Let's just add another set of eyes in the back of Matic's sort of like design. So that's how you end up with another stereo pair in the back. So that's the justification for the four cameras. The fifth camera or the up camera is one of the most debated sort of like sensor decisions inside the company. And the way we've thought about the interaction with the robot, especially with Mehul and Navneet's background in gesture recognition, we always wanted to give Matic this ability to interact with the customer almost like a human being would.
And as you can imagine if a human being can't see you you get limited in how much you can communicate. They can't see your body language. They can't see where you're pointing. They can't see which way you're facing. So in order to be able to see the human being the robot is communicating with we put down an up camera.
And so the vision here is to execute a feature that we internally call Come Here Clean This. So the idea behind come here clean this is a human being standing in the vicinity of a robot can simply point to a spot on the floor and speak to the robot just like you were to a human being and say, hey robot, go there and clean that mess. Or come here and clean this mess. And so the robot should be able to understand from your gestures and then draw a straight line in three d space and infer what part of the floor you're actually talking about. And just to be able to cover enough three d sort of space we needed a camera on top so you can actually look at people's faces and where they're pointing.
So that's how you end up with five cameras. Yeah, for sure. I think privacy has always been at the forefront of our focus. Many, many hardware devices that are out in the wild today, many of them that use cameras, try to run quite complex sort of computation. However, the way that that is done is the inputs for those computations are collected at the edge, I.
E. On the device. So it could be any kind of sensor. It could be a camera. It could be a microphone.
And then that information gets sent to a server. And the advantage of doing that is you have more compute available at the server level. And so you can run complex calculations. And then you get your output inference, and then that gets sent back to the device.
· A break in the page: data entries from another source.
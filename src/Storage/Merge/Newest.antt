-- ===== src/Storage/Merge/Newest.antt =====
-- What the merge of pkg/storage/merge.go gives: for each key the record of the first source that
-- has one.
use shardlands.Prelude.{
  ℕ, zero, suc, ◌<◌, ◌≡◌, refl, sym, ap, subst, ◌∙◌, inl, inr, false, List, [], ◌∷◌, none, some,
  arith, Bool-cases,
}
use shardlands.Storage.Bytes.{Bytes, same, same_eq}
use shardlands.Storage.Records.{find, find-Above, find-apart, find-same, Above, Ascending}
use shardlands.Storage.Memtable.{Rec}
use shardlands.Storage.Merge.{Source, new_merge, clear, Lane, merge_next, collect}
use shardlands.Storage.Merge.Lanes.{
  contents, AllSound, fill_lem, best_head_lem, clear_lem, clear-AllSound, drop_all,
}
use shardlands.Storage.Merge.Least.{
  layered, AllAscending, AllAbove, total_length, IsLeast, best_none, drop_all-AllAscending,
  layered-drop_all, drop_all-AllAbove, drop_all-keeps, layered-AllAbove, drop_all_shorter,
}

-- What a merge has collected, of lanes that still had `ls` to give.
pub record IsMerged (ls : List (List Rec)) (out : List Rec) : Type 0 where
  pub ascending : Ascending out
  pub newest : (k : Bytes) → find k out ≡ layered k ls
  above : (b : Bytes) → AllAbove b ls → Above b out

IsMerged-step :
    (o : Rec) (ls : List (List Rec)) (rest : List Rec)
    → AllAscending ls
    → IsLeast ls o
    → IsMerged (drop_all o.key ls) rest
    → IsMerged ls (o ∷ rest)
IsMerged-step o ls rest s i m = record {
  ascending = (m.above o.key (drop_all-AllAbove o.key ls s i.least), m.ascending);
  newest = λ k. elim (Bool-cases (same o.key k)) [
    | inl here ↦
        find-same k o rest here ∙ sym i.newest ∙ ap (λ x. layered x ls) (same_eq o.key k here)
    | inr apart ↦ find-apart k o rest apart ∙ m.newest k ∙ layered-drop_all k o.key ls apart
  ];
  above =
      λ b a. (layered-AllAbove b o.key o ls a i.newest, m.above b (drop_all-keeps b o.key ls a));
}

collect-IsMerged :
    (fuel : ℕ) (ls : List Lane)
    → AllSound ls
    → AllAscending (contents ls)
    → total_length (contents ls) < fuel
    → (out : List Rec) × (collect fuel ls ≡ some out) × IsMerged (contents ls) out
unfolding collect merge_next
collect-IsMerged zero ls i s f = absurd (omega arith)
collect-IsMerged (suc fuel) ls i s f =
    let (ls', e, g) = fill_lem ls i in
    let now = contents ls' in
    let sorted : AllAscending now = subst AllAscending (sym g.kept) s in
    let head = best_head_lem none ls' g.ready in
    elim (best_none now sorted) [
      | inl (nothing, empty) ↦ (
        [],
        rw e (rw (head ∙ nothing) refl),
        subst (λ c. IsMerged c []) g.kept (nothing_merged now empty),
      )
      | inr (o, least) ↦
          let left = clear_lem o.key ls' g.ready in
          let shorter = drop_all_shorter o.key o now sorted least.least least.newest in
          let (rest, ec, m) =
            collect-IsMerged fuel (clear o.key ls') (clear-AllSound o.key ls' g.sound)
              (subst AllAscending (sym left) (drop_all-AllAscending o.key now sorted))
              (omega (arith, shorter, ap total_length left, ap total_length g.kept)) in
          (
            o ∷ rest,
            rw e (rw (head ∙ least.found) (rw ec refl)),
            subst (λ c. IsMerged c (o ∷ rest)) g.kept
                (IsMerged-step o now rest sorted least (subst (λ c. IsMerged c rest) left m)),
          )
    ]
  where
    nothing_merged : (c : List (List Rec)) → ((k : Bytes) → layered k c ≡ none) → IsMerged c []
    nothing_merged c empty = record {
      ascending = tt;
      newest = λ k. find-Above k [] tt ∙ sym (empty k);
      above = λ b a. tt;
    }

abbrev pub recs_of : List Source → List (List Rec)
recs_of [] = []
recs_of (x ∷ xs) = x.recs ∷ recs_of xs

abbrev pub AllWhole : List Source → Type 0
AllWhole [] = Unit
AllWhole (x ∷ xs) = (x.broken ≡ false) × AllWhole xs

new_merge-AllSound : (xs : List Source) → AllWhole xs → AllSound (new_merge xs)
unfolding new_merge
new_merge-AllSound [] w = tt
new_merge-AllSound (x ∷ xs) w = (record { whole = w.0; open_ = λ e. cc }, new_merge-AllSound xs w.1)

contents-new_merge : (xs : List Source) → contents (new_merge xs) ≡ recs_of xs
unfolding new_merge
contents-new_merge [] = refl
contents-new_merge (x ∷ xs) = ap (λ t. x.recs ∷ t) (contents-new_merge xs)

-- Merging sorted sources that do not fail ends, with one sorted list. Under every key the list
-- has the record of the first source that has one, so the newest wins.
pub merge_newest :
    (xs : List Source) (fuel : ℕ)
    → AllWhole xs
    → AllAscending (recs_of xs)
    → total_length (recs_of xs) < fuel
    → (out : List Rec) × (collect fuel (new_merge xs) ≡ some out)
      × Ascending out
      × ((k : Bytes) → find k out ≡ layered k (recs_of xs))
merge_newest xs fuel w s f =
    let same_lists = contents-new_merge xs in
    let (out, e, m) =
      collect-IsMerged fuel (new_merge xs) (new_merge-AllSound xs w)
        (subst AllAscending (sym same_lists) s) (omega (arith, ap total_length same_lists)) in
    (out, e, m.ascending, λ k. m.newest k ∙ ap (layered k) same_lists)
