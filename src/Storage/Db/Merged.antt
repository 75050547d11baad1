-- ===== src/Storage/Db/Merged.antt =====
-- The table that compactLocked of pkg/storage/db.go writes, and the one of flushLocked.
use shardlands.Prelude.{
  ℕ, ◌+◌, ◌≡◌, ◌⊎◌, ◌<◌, refl, sym, ap, subst, ◌∙◌, inl, inr, true, false, List, [], ◌∷◌, Option,
  none, some, arith, if◌then◌else◌, Bool-cases, All,
}
use shardlands.Storage.Bytes.{Bytes, same, same_eq, same_refl, less_empty}
use shardlands.Storage.Memtable.{Rec}
use shardlands.Storage.Records.{find, find-same, find-apart, find-Above, Above, Ascending}
use shardlands.Storage.Merge.{Source, live}
use shardlands.Storage.Merge.Least.{or_else, layered, AllAscending, total_length}
use shardlands.Storage.Merge.Newest.{recs_of, AllWhole, merge_newest}
use shardlands.Storage.Codec.RoundTrip.{IsSmall}
use shardlands.Storage.Table
use shardlands.Storage.Table.{Table, skip_below, write_table}
use shardlands.Storage.Table.Scans.{IsTableOf, write_table-decides}
use shardlands.Storage.Db.{absent, got_rec, sources, total, write_live, merged}
use shardlands.Storage.Db.View.{got_of, IsTables}

pub live_dead : (x : Rec) (xs : List Rec) → x.tomb ≡ true → live (x ∷ xs) ≡ live xs
unfolding live
live_dead x xs e = ap (λ b. if b then live xs else x ∷ live xs) e

pub live_alive : (x : Rec) (xs : List Rec) → x.tomb ≡ false → live (x ∷ xs) ≡ x ∷ live xs
unfolding live
live_alive x xs e = ap (λ b. if b then live xs else x ∷ live xs) e

live-Above : (k : Bytes) (xs : List Rec) → Above k xs → Above k (live xs)
unfolding live
live-Above k [] h = tt
live-Above k (x ∷ xs) h = elim (Bool-cases x.tomb) [
  | inl dead ↦ rw dead (live-Above k xs h.1)
  | inr alive ↦ rw alive (h.0, live-Above k xs h.1)
]

pub live-Ascending : (xs : List Rec) → Ascending xs → Ascending (live xs)
unfolding live
live-Ascending [] h = tt
live-Ascending (x ∷ xs) h = elim (Bool-cases x.tomb) [
  | inl dead ↦ rw dead (live-Ascending xs h.1)
  | inr alive ↦ rw alive (live-Above x.key xs h.0, live-Ascending xs h.1)
]

-- Without the tombstones a deleted key is an absent one.
pub got_of-live :
    (k : Bytes) (xs : List Rec) → Ascending xs → got_of (find k (live xs)) ≡ got_of (find k xs)
got_of-live k [] h = unfold live in refl
got_of-live k (x ∷ xs) h = elim (Bool-cases (same x.key k)) [
  | inl here ↦ elim (Bool-cases x.tomb) [
    | inl dead ↦
        let gone =
          find-Above k (live xs)
            (live-Above k xs (subst (λ b. Above b xs) (same_eq x.key k here) h.0)) in
        let absent_ : got_rec x ≡ absent = rw dead refl in
        ap (λ l. got_of (find k l)) (live_dead x xs dead)
        ∙ ap got_of gone
        ∙ sym absent_
        ∙ ap got_of (sym (find-same k x xs here))
    | inr alive ↦
        ap (λ l. got_of (find k l)) (live_alive x xs alive)
        ∙ ap got_of (find-same k x (live xs) here ∙ sym (find-same k x xs here))
  ]
  | inr apart ↦
      let rest : got_of (find k xs) ≡ got_of (find k (x ∷ xs)) =
        ap got_of (sym (find-apart k x xs apart)) in
      elim (Bool-cases x.tomb) [
        | inl dead ↦ ap (λ l. got_of (find k l)) (live_dead x xs dead) ∙ got_of-live k xs h.1 ∙ rest
        | inr alive ↦
            ap (λ l. got_of (find k l)) (live_alive x xs alive)
            ∙ ap got_of (find-apart k x (live xs) apart)
            ∙ got_of-live k xs h.1
            ∙ rest
      ]
]

live-All : (xs : List Rec) → All IsSmall xs → All IsSmall (live xs)
live-All [] h = unfold live in tt
live-All (x ∷ xs) h = elim (Bool-cases x.tomb) [
  | inl dead ↦ rw (live_dead x xs dead) (live-All xs h.1)
  | inr alive ↦ rw (live_alive x xs alive) (h.0, live-All xs h.1)
]

find-All : (k : Bytes) (x : Rec) (xs : List Rec) → All IsSmall xs → find k xs ≡ some x → IsSmall x
unfolding find
find-All k x [] h e = absurd cc
find-All k x (y ∷ xs) h e = elim (Bool-cases (same y.key k)) [
  | inl here ↦
      let q : ◌≡◌ {A = Option Rec} (some y) (some x) = sym (find-same k y xs here) ∙ e in
      let eq : y ≡ x = cc in subst IsSmall eq h.0
  | inr apart ↦ find-All k x xs h.1 (sym (find-apart k y xs apart) ∙ e)
]

abbrev AllAll : List (List Rec) → Type 0
AllAll [] = Unit
AllAll (l ∷ ls) = All IsSmall l × AllAll ls

layered-AllAll :
    (k : Bytes) (x : Rec) (ls : List (List Rec)) → AllAll ls → layered k ls ≡ some x → IsSmall x
unfolding layered
layered-AllAll k x [] h e = absurd cc
layered-AllAll k x (l ∷ ls) h e = by_found (layered-AllAll k x ls h.1) (find k l) refl e
  where
    by_found :
        (layered k ls ≡ some x → IsSmall x)
        → (o : Option Rec) → find k l ≡ o
        → or_else o (layered k ls) ≡ some x
        → IsSmall x
    by_found older none f e = older e
    by_found older (some y) f e = find-All k x l h.0 (f ∙ e)

-- What holds of every record that can be found holds of all.
All_found :
    (xs : List Rec)
    → Ascending xs
    → ((k : Bytes) (x : Rec) → find k xs ≡ some x → IsSmall x)
    → All IsSmall xs
All_found [] a f = tt
All_found (x ∷ xs) a f =
    (f x.key x (find-same x.key x xs (same_refl x.key)), All_found xs a.1 older)
  where
    older : (k : Bytes) (y : Rec) → find k xs ≡ some y → IsSmall y
    older k y e = elim (Bool-cases (same x.key k)) [
      | inl here ↦
          let gone = find-Above k xs (subst (λ b. Above b xs) (same_eq x.key k here) a.0) in
          absurd cc
      | inr apart ↦ f k y (find-apart k x xs apart ∙ e)
    ]

module _ (crc : Bytes → ℕ) (crc_fits : (bs : Bytes) → crc bs < 4294967296) where
  skip_below_none : (xs : List Rec) → skip_below crc [] xs ≡ xs
  unfolding skip_below
  skip_below_none [] = refl
  skip_below_none (x ∷ xs) = rw (less_empty x.key) refl

  whole_table :
      (l : List Rec) (t : Table)
      → IsTableOf crc crc_fits l t
      → Table.iter_from crc [] t ≡ (l, false)
  whole_table l t h = h.scans [] ∙ ap (λ rs. (rs, false)) (skip_below_none l)

  module _ (optimal : ℕ → ℕ) (draws : List ℕ) where
    recs_of-sources :
        (ts : List (ℕ × Table)) (ls : List (List Rec))
        → IsTables crc crc_fits ts ls
        → (recs_of (sources crc optimal draws ts) ≡ ls) × AllWhole (sources crc optimal draws ts)
    unfolding sources
    recs_of-sources [] [] h = (refl, tt)
    recs_of-sources [] (l ∷ ls) h = absurd h
    recs_of-sources (t ∷ ts) [] h = absurd h
    recs_of-sources (t ∷ ts) (l ∷ ls) h =
        let (older, whole) = recs_of-sources ts ls h.1 in
        rw (whole_table l t.1 h.0) (ap (λ x. l ∷ x) older, (refl, whole))

    pub total_lem : (ss : List Source) → total crc optimal draws ss ≡ total_length (recs_of ss)
    unfolding total total_length
    total_lem [] = refl
    total_lem (s ∷ ss) = rw (total_lem ss) refl

  tables-AllAscending :
      (ts : List (ℕ × Table)) (ls : List (List Rec))
      → IsTables crc crc_fits ts ls
      → AllAscending ls × AllAll ls
  tables-AllAscending [] [] h = (tt, tt)
  tables-AllAscending [] (l ∷ ls) h = absurd h
  tables-AllAscending (t ∷ ts) [] h = absurd h
  tables-AllAscending (t ∷ ts) (l ∷ ls) h =
      let (a, s) = tables-AllAscending ts ls h.1 in ((h.0.ascending, a), (h.0.small, s))

  -- A table that reads like some tables.
  abbrev pub IsMergeOf : List (List Rec) → Table → Type 0
  IsMergeOf ls t =
      (out : List Rec) × IsTableOf crc crc_fits out t
      × ((k : Bytes) → got_of (find k out) ≡ got_of (layered k ls))

  -- A compaction writes a table that reads like the tables it is made of, or newBloom panics.
  pub merged-decides :
      (optimal : ℕ → ℕ) (draws : List ℕ) (bits : ℕ) (ts : List (ℕ × Table)) (ls : List (List Rec))
      → IsTables crc crc_fits ts ls
      → (merged crc optimal draws bits ts ≡ none)
        ⊎ ((t : Table) × (merged crc optimal draws bits ts ≡ some t) × IsMergeOf ls t)
  unfolding merged
  merged-decides optimal draws bits ts ls h =
      let ss = sources crc optimal draws ts in
      let (recs, whole) = recs_of-sources optimal draws ts ls h in
      let (sorted, small) = tables-AllAscending ts ls h in
      let (out, made, ascending, newest) =
        merge_newest ss (total crc optimal draws ss + 1) whole
          (subst AllAscending (sym recs) sorted) (omega (arith, total_lem optimal draws ss)) in
      let write = ap (write_live crc optimal draws bits) made in
      elim (write_table-decides crc crc_fits optimal bits (live out)
        (live-All out (
          All_found out ascending (λ k x e.
            layered-AllAll k x ls small (ap (layered k) (sym recs) ∙ sym (newest k) ∙ e))))
        (live-Ascending out ascending)) [
          | inl gone ↦ inl (write ∙ gone)
          | inr (t, written, is_table) ↦ inr (
            t,
            write ∙ written,
            (
              live out,
              is_table,
              λ k. got_of-live k out ascending ∙ ap got_of (newest k ∙ ap (layered k) recs),
            ),
          )
        ]
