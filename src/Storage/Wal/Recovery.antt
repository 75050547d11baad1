-- ===== src/Storage/Wal/Recovery.antt =====
-- Replaying the log of pkg/storage/wal.go gives back what was written to it.
use shardlands.Prelude.{
  ℕ, zero, suc, ◌<◌, ◌≡◌, refl, sym, ap, ◌∙◌, Bool, true, false, List, [], ◌∷◌, ◌++◌, arith,
  if◌then◌else◌, length, take, drop, length-drop, take-append-drop, append_assoc, append_nil, All,
}
use shardlands.Storage.Bytes.{Bytes}
use shardlands.Storage.Memtable.{Rec}
use shardlands.Storage.Codec.{payload_of, encode_rec, decode_rec, read_uvarint}
use shardlands.Storage.Codec.Frames.{bytes_of, bytes_of-append}
use shardlands.Storage.Codec.RoundTrip.{IsSmall, decode_rec-encode_rec, decode_rec-front}
use shardlands.Storage.Wal.{
  Wal, Io, fine, sync_fails, cut_at, open_wal, write_frame, append, finished, replay_loop,
}

module _ (crc : Bytes → ℕ) (crc_fits : (bs : Bytes) → crc bs < 4294967296) where
  -- What a write that was cut off left: a front of a frame, not all of it.
  pub data IsFront : Bytes → Type 0 where
    nothing : IsFront []
    part :
        (r : Rec) (b x : ℕ) (front back : Bytes)
        → IsSmall r
        → encode_rec crc r ≡ (b ∷ front) ++ (x ∷ back)
        → IsFront (b ∷ front)

  replay-front :
      (fuel : ℕ) (front : Bytes) → IsFront front → replay_loop crc (suc fuel) front ≡ ([], finished)
  replay-front fuel front nothing = unfold replay_loop decode_rec read_uvarint in refl
  replay-front fuel front (part r b x f back h e) =
      unfold replay_loop in (rw (decode_rec-front crc r b x f back h e) refl)

  -- A log that was cut off anywhere replays to the records that were written whole, in order.
  pub replay-bytes_of :
      (fuel : ℕ) (rs : List Rec) (front : Bytes)
      → length rs < fuel
      → All IsSmall rs
      → IsFront front
      → replay_loop crc fuel (bytes_of crc rs ++ front) ≡ (rs, finished)
  unfolding replay_loop bytes_of
  replay-bytes_of zero rs front l h f = absurd (omega arith)
  replay-bytes_of (suc fuel) [] front l h f = replay-front fuel front f
  replay-bytes_of (suc fuel) (r ∷ rs) front l h f =
      rw (append_assoc (encode_rec crc r) (bytes_of crc rs) front) (
        rw (decode_rec-encode_rec crc r (bytes_of crc rs ++ front) h.0 (crc_fits (payload_of r)))
          (rw (replay-bytes_of fuel rs front (omega arith) h.1 f) refl))

  bytes_of-snoc :
      (rs : List Rec) (r : Rec)
      → bytes_of crc (rs ++ (r ∷ [])) ≡ bytes_of crc rs ++ encode_rec crc r
  bytes_of-snoc rs r =
      bytes_of-append crc rs (r ∷ [])
      ∙ ap (λ t. bytes_of crc rs ++ t) (unfold bytes_of in (append_nil (encode_rec crc r)))

  -- The log holds the records, and the front of one more if a write was cut off.
  pub record IsLog (rs : List Rec) (w : Wal) : Type 0 where
    pub front : Bytes
    pub shape : w.file ≡ bytes_of crc rs ++ front
    pub cut : IsFront front
    pub clean : w.failed ≡ false → front ≡ []
    pub small : All IsSmall rs

  -- What the system may make of an append: a cut leaves some of the frame out.
  abbrev pub IsIo : Io → Rec → Type 0
  IsIo fine r = Unit
  IsIo sync_fails r = Unit
  IsIo (cut_at n) r = n < length (encode_rec crc r)

  -- The records of the log after an append.
  abbrev pub logged : Io → Rec → Bool → List Rec → List Rec
  logged io r true rs = rs
  logged (cut_at n) r false rs = rs
  logged fine r false rs = rs ++ (r ∷ [])
  logged sync_fails r false rs = rs ++ (r ∷ [])

  All-append : (rs : List Rec) (r : Rec) → All IsSmall rs → IsSmall r → All IsSmall (rs ++ (r ∷ []))
  All-append [] r h s = (s, tt)
  All-append (x ∷ rs) r h s = (h.0, All-append rs r h.1 s)

  whole_frame :
      (rs : List Rec) (r : Rec) (w : Wal)
      → IsSmall r
      → w.failed ≡ false
      → IsLog rs w
      → IsLog (rs ++ (r ∷ [])) (record w { file = w.file ++ encode_rec crc r })
  whole_frame rs r w s ok_ i = record {
    front = [];
    shape =
        ap (λ t. t ++ encode_rec crc r)
          (i.shape ∙ ap (λ t. bytes_of crc rs ++ t) (i.clean ok_) ∙ append_nil (bytes_of crc rs))
        ∙ sym (bytes_of-snoc rs r)
        ∙ sym (append_nil (bytes_of crc (rs ++ (r ∷ []))));
    cut = nothing;
    clean = λ e. refl;
    small = All-append rs r i.small s;
  }

  IsFront-take :
      (r : Rec) (n : ℕ)
      → IsSmall r
      → n < length (encode_rec crc r)
      → IsFront (take n (encode_rec crc r))
  IsFront-take r n s l =
      from (take n (encode_rec crc r)) (drop n (encode_rec crc r))
        (sym (take-append-drop n (encode_rec crc r)))
        (omega (arith, length-drop {0} n (encode_rec crc r)))
    where
      from : (f d : Bytes) → encode_rec crc r ≡ f ++ d → 0 < length d → IsFront f
      from f [] e p = absurd (omega arith)
      from [] (x ∷ d) e p = nothing
      from (b ∷ f) (x ∷ d) e p = part r b x f d s e

  pub append-IsLog :
      (io : Io) (r : Rec) (rs : List Rec) (w : Wal)
      → IsSmall r
      → IsIo io r
      → IsLog rs w
      → IsLog (logged io r w.failed rs) (append crc io r w).1
  unfolding append
  append-IsLog io r rs w s p i = by_failed w.failed refl
    where
      by_io :
          (io : Io)
          → w.failed ≡ false
          → IsIo io r
          → IsLog (logged io r false rs) (write_frame io (encode_rec crc r) w).1
      by_io fine e p = whole_frame rs r w s e i
      by_io sync_fails e p = whole_frame rs r w s e i
      by_io (cut_at n) e p = record {
        front = take n (encode_rec crc r);
        shape =
            ap (λ t. t ++ take n (encode_rec crc r))
              (i.shape ∙ ap (λ t. bytes_of crc rs ++ t) (i.clean e) ∙ append_nil (bytes_of crc rs));
        cut = IsFront-take r n s p;
        clean = λ q. cc;
        small = i.small;
      }

      kept : (io : Io) → IsLog (logged io r true rs) w
      kept fine = i
      kept sync_fails = i
      kept (cut_at n) = i

      by_failed :
          (b : Bool)
          → w.failed ≡ b
          → IsLog
              (logged io r b rs)
              (if b then (false, w) else write_frame io (encode_rec crc r) w).1
      by_failed true e = kept io
      by_failed false e = by_io io e p

  -- Appends one after another, each with what the system makes of it, and the records that stand
  -- in the log after them.
  unfoldable pub append_all : List (Io × Rec) → Wal → Wal
  append_all [] w = w
  append_all ((io, r) ∷ rest) w = append_all rest (append crc io r w).1

  unfoldable pub logged_all : List (Io × Rec) → Wal → List Rec → List Rec
  logged_all [] w rs = rs
  logged_all ((io, r) ∷ rest) w rs = logged_all rest (append crc io r w).1 (logged io r w.failed rs)

  abbrev pub AllIo : List (Io × Rec) → Type 0
  AllIo [] = Unit
  AllIo ((io, r) ∷ rest) = IsSmall r × IsIo io r × AllIo rest

  append_all-IsLog :
      (ops : List (Io × Rec)) (rs : List Rec) (w : Wal)
      → AllIo ops
      → IsLog rs w
      → IsLog (logged_all ops w rs) (append_all ops w)
  unfolding append_all logged_all
  append_all-IsLog [] rs w a i = i
  append_all-IsLog ((io, r) ∷ rest) rs w (s, p, a) i =
      append_all-IsLog rest (logged io r w.failed rs) (append crc io r w).1 a
        (append-IsLog io r rs w s p i)

  pub replay-IsLog :
      (rs : List Rec) (w : Wal) (fuel : ℕ)
      → IsLog rs w
      → length rs < fuel
      → replay_loop crc fuel w.file ≡ (rs, finished)
  replay-IsLog rs w fuel i l =
      ap (replay_loop crc fuel) i.shape ∙ replay-bytes_of fuel rs i.front l i.small i.cut

  -- Whatever the system makes of the appends to a new log, with writes that fail half way and
  -- syncs that fail, a replay of the file ends without an error and gives the records whose
  -- frames were written whole, in order. Every record has a payload of at most maxRecBytes, the
  -- limit of the reader; a larger one would end the replay.
  pub replay-append_all :
      (ops : List (Io × Rec)) (sync : Bool) (fuel : ℕ)
      → AllIo ops
      → length (logged_all ops (open_wal [] sync) []) < fuel
      → replay_loop crc fuel (append_all ops (open_wal [] sync)).file
        ≡ (logged_all ops (open_wal [] sync) [], finished)
  replay-append_all ops sync fuel a l =
      replay-IsLog (logged_all ops (open_wal [] sync) []) (append_all ops (open_wal [] sync)) fuel
        (append_all-IsLog ops [] (open_wal [] sync) a (empty_log sync)) l
    where
      empty_log : (sync : Bool) → IsLog [] (open_wal [] sync)
      empty_log sync =
          unfold open_wal bytes_of in
          (record { front = []; shape = refl; cut = nothing; clean = λ e. refl; small = tt })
Now that might be the standard way of doing things, but obviously now your information is physically distributed and more vulnerable to any kind of cybersecurity threats.
So from that perspective very early on we decided all of the compute was going to happen on device. And keeping that as a North Star never deviating from it we've always chosen the hardware, so the SOC, so that we can actually enable the software team to do all their computation on device. And like I said, we've gone through painful transitions to make that a reality. Like I said, we completely ripped out our previous SoC and added in the new SoC, the NVIDIA or Nano, to make sure that that's possible. And, yeah, I think that's how we make sure that your data basically never leaves the robot.
Matic never sort of needs to collect or store any of the user data. Definitely not images or videos. The only time we do any kind of data collection is when we get very, very explicit permission from the customer for debugging purposes or something of that sort. And we have kept this of like the sacred role within the company that we just never save any kind of customer data without any kind of permission. So we take privacy very, very seriously because we understand that that is one of the most important things for the customer.